Elvis: visualising public spending and investigating corruption
Elvis allows journalists to visualise and investigate public spending. Elvis was part of the 16 semi-finalist of our Startups for News competition. We asked the team a few questions about their startup.
What did you do prior to launching Elvis?
Adriana, co-founder, is a data journalist, and Victor, the other co-founder, is a freelance coder for newsrooms.
What problem are you trying to address for newsrooms?
Open data is everywhere, but not every journalist is a skilled data analyst. By creating tools, we help newsrooms find leads and support for stories in the data. Our focus lies on public spending, specifically tender data.
Public procurement (or tendering) is the process of acquiring goods and services for the government. It is therefore the most prominent flow of public money into the private sector. However, structured journalistic research into tenders is limited. Only incidental cases make it to the media and these are often facilitated by whistle-blowers. We want to spread the notion that it is important for the government to be open about how it spends the money that we entrust in its metaphorical hands.
How are you attempting to solve the problems described above?
Journalists can use Elvis to visualise public spending in a specific EU country, sector, and year range. It allows journalists to reveal suspicious relationships between government and companies and visually answer questions like ‘Who is dominating the IT market in the Netherlands?’ or ‘Which companies earn most money from public spending in Slovakia?’.
Let’s dive into more detail: with Elvis, journalists can visualise public spending data as graphs or networks of financial relations.
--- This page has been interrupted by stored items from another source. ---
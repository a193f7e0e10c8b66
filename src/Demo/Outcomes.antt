-- ===== src/Demo/Outcomes.antt =====
-- cmd/demo-checkout: the outcomes that `Process` waits for are those of the attempts that it launched.
use clausa_lens.Prelude.{
  ℕ, suc, ◌+◌, ◌≤◌, String, Bool, true, false, ◌||◌, some, List, [], ◌∷◌, ◌++◌, length,
  length-append, any, ◌≡◌, ◌⊎◌, refl, arith, ℤ, Option-cases, inl, inr, subst,
}
use clausa_lens.Demo.Ledger.{Ledger}
use clausa_lens.Demo.Checkout.{
  Checkout, Stage, Action, unlaunched, done, failed, lost, selecting, collecting, responded, start,
  on_timer, take_outcome, returned, step, run,
}

abbrev pub was_launched : Stage → ℕ
was_launched unlaunched = 0
was_launched _ = 1

-- An attempt that is over has sent its outcome.
abbrev pub is_over : Stage → ℕ
is_over done = 1
is_over failed = 1
is_over lost = 1
is_over _ = 0

abbrev pub erred : Stage → Bool
erred failed = true
erred lost = true
erred _ = false

abbrev pub any_bad : List Bool → Bool
any_bad outcomes = any (λ bad. bad) outcomes

-- What every state of `Process` satisfies.
pub record Waits (s : Checkout) : Type 0 where
  pub launched : s.attempts_launched ≡ 1 + was_launched s.second
  pub first_launched : was_launched s.first ≡ 1
  pub sums : length s.sent + length s.outcomes ≡ is_over s.first + is_over s.second
  pub bad : (any_bad s.sent || any_bad s.outcomes) ≡ (erred s.first || erred s.second)
  pub before : s.phase ≡ selecting → (s.second ≡ unlaunched) × (length s.outcomes ≡ 0)
  pub within : length s.outcomes ≤ s.attempts_launched
  pub waited :
      s.phase ≡ responded → (s.attempts_launched ≤ length s.outcomes) × (any_bad s.outcomes ≡ false)

any_bad-append : (xs : List Bool) (b : Bool) → any_bad (xs ++ b ∷ []) ≡ (any_bad xs || b)
any_bad-append [] b = ground arith
any_bad-append (x ∷ xs) b = ground (arith, any_bad-append xs b)

-- A taken outcome leaves all else as it is.
pub record Takes (s t : Checkout) : Type 0 where
  pub sent : List Bool
  pub outcomes : List Bool
  pub is : t ≡ record s { phase = collecting; sent = sent; outcomes = outcomes }
  pub one_more : length outcomes ≡ suc (length s.outcomes)

pub take_outcome-Takes :
    (s t : Checkout) (sent : List Bool) → take_outcome s sent ≡ some t → Takes s t
unfolding take_outcome
take_outcome-Takes s t [] h = absurd (ground arith)
take_outcome-Takes s t (x ∷ sent) h = record {
  sent = sent;
  outcomes = x ∷ s.outcomes;
  is = ground arith;
  one_more = omega arith;
}

pub waiting-Takes : (s t : Checkout) → step Action.receive s ≡ some t → Takes s t
unfolding step
waiting-Takes s t h = take_outcome-Takes s t s.sent (ground arith)

pub collecting-Takes : (s t : Checkout) → step Action.collect s ≡ some t → Takes s t
unfolding step
collecting-Takes s t h = take_outcome-Takes s t s.sent (ground arith)

take_outcome-Waits :
    (s t : Checkout) (sent : List Bool)
    → Waits s
    → s.sent ≡ sent
    → suc (length s.outcomes) ≤ s.attempts_launched
    → take_outcome s sent ≡ some t
    → Waits t
unfolding take_outcome
take_outcome-Waits s t [] c e room h = absurd (ground arith)
take_outcome-Waits s t (x ∷ sent) c e room h =
    let sums = rw e at c.sums in
    let bad = rw e at c.bad in
    record {
      launched = ground (arith, c.launched);
      first_launched = ground (arith, c.first_launched);
      sums = ground (arith, sums);
      bad = ground (arith, bad);
      before = ground arith;
      within = ground arith;
      waited = ground arith;
    }

pub step-Waits : (a : Action) (s t : Checkout) → Waits s → step a s ≡ some t → Waits t
unfolding step on_timer returned
step-Waits Action.receive s t c h =
    take_outcome-Waits s t s.sent c refl (ground (arith, c.before, c.launched)) (ground arith)
step-Waits Action.collect s t c h =
    take_outcome-Waits s t s.sent c refl (ground arith) (ground arith)
step-Waits a s t c h = record {
  launched = ground (arith, c.launched, c.before);
  first_launched = ground (arith, c.first_launched);
  sums = ground (
    arith,
    c.sums,
    c.before,
    length-append s.sent (true ∷ []),
    length-append s.sent (false ∷ []),
  );
  bad = ground (arith, c.bad, c.before, any_bad-append s.sent true, any_bad-append s.sent false);
  before = ground (arith, c.before);
  within = ground (arith, c.within, c.before, c.launched);
  waited = ground (arith, c.waited);
}

pub run-Waits :
    (schedule : List Action) (s t : Checkout) → Waits s → run schedule s ≡ some t → Waits t
unfolding run
run-Waits [] s t c h = subst Waits (ground arith) c
run-Waits (a ∷ schedule) s t c h = elim (Option-cases (step a s)) [
  | inl stuck ↦ absurd (ground arith)
  | inr (u, made) ↦ run-Waits schedule u t (step-Waits a s u c made) (ground arith)
]

pub start-Waits : (limit : ℤ) (id : String) (ledger : Ledger) → Waits (start limit id ledger)
unfolding start
start-Waits limit id ledger = record {
  launched = refl;
  first_launched = refl;
  sums = refl;
  bad = refl;
  before = λ k. (refl, refl);
  within = omega arith;
  waited = λ k. absurd (cc k);
}

over_launched : (s : Stage) → is_over s ≤ was_launched s
over_launched s = ground arith

any_bad-nil : (xs : List Bool) → length xs ≡ 0 → any_bad xs ≡ false
any_bad-nil [] h = refl
any_bad-nil (x ∷ xs) h = absurd (omega (arith, h))

ended_well :
    (s : Stage) → is_over s ≡ was_launched s → erred s ≡ false → (s ≡ done) ⊎ (s ≡ unlaunched)
ended_well s over good = ground arith

-- A call that has returned a result has waited for every attempt, and none had an error.
pub Waits-responded :
    (t : Checkout)
    → Waits t
    → t.phase ≡ responded
    → (t.first ≡ done) × ((t.second ≡ done) ⊎ (t.second ≡ unlaunched))
Waits-responded t c h =
    let (enough, good) = c.waited h in
    let first = over_launched t.first in
    let second = over_launched t.second in
    let quiet =
      any_bad-nil t.sent
        (omega (arith, c.sums, c.launched, c.first_launched, enough, first, second)) in
    let fine : (erred t.first || erred t.second) ≡ false = ground (arith, c.bad) in
    (
      elim (ended_well t.first
          (omega (arith, c.sums, c.launched, c.first_launched, enough, first, second))
          (ground arith)) [ inl is ↦ is | inr is ↦ absurd (ground (arith, c.first_launched)) ],
      ended_well t.second
          (omega (arith, c.sums, c.launched, c.first_launched, enough, first, second))
          (ground arith),
    )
They can visualise parts of the public sector of a country — such as IT or healthcare — or draw an entity network.
Governments and companies are visualised as a network of blue and red ‘dots’. Each connection between a government (red) and a company (blue) dot in the network is a tender — or the amount of money they exchanged. The thickness of this connection, as well as the size of the dot, can represent how much public money was awarded or how many tenders were awarded.
Are there any clusters? Are there companies dominating the market?
The network visualisation is accompanied by a sidebar and a detailed view. Here, the journalist can find a list of all the companies and governments in the network, sort them by value, search for a specific entity, or click through to other platforms such as TED (Tenders Electronic daily) and the opentender.eu dashboard.
We are also experimenting with adding red flags of corruption to the network, flagging companies, governments and tenders that might be involved. The two flags we have implemented until now either show low competition — whether the company comes from same city as the government institution — or whether it is registered in a tax haven. Whether these red flags indicate corruption however depends heavily on the sector and the country the journalist is looking at.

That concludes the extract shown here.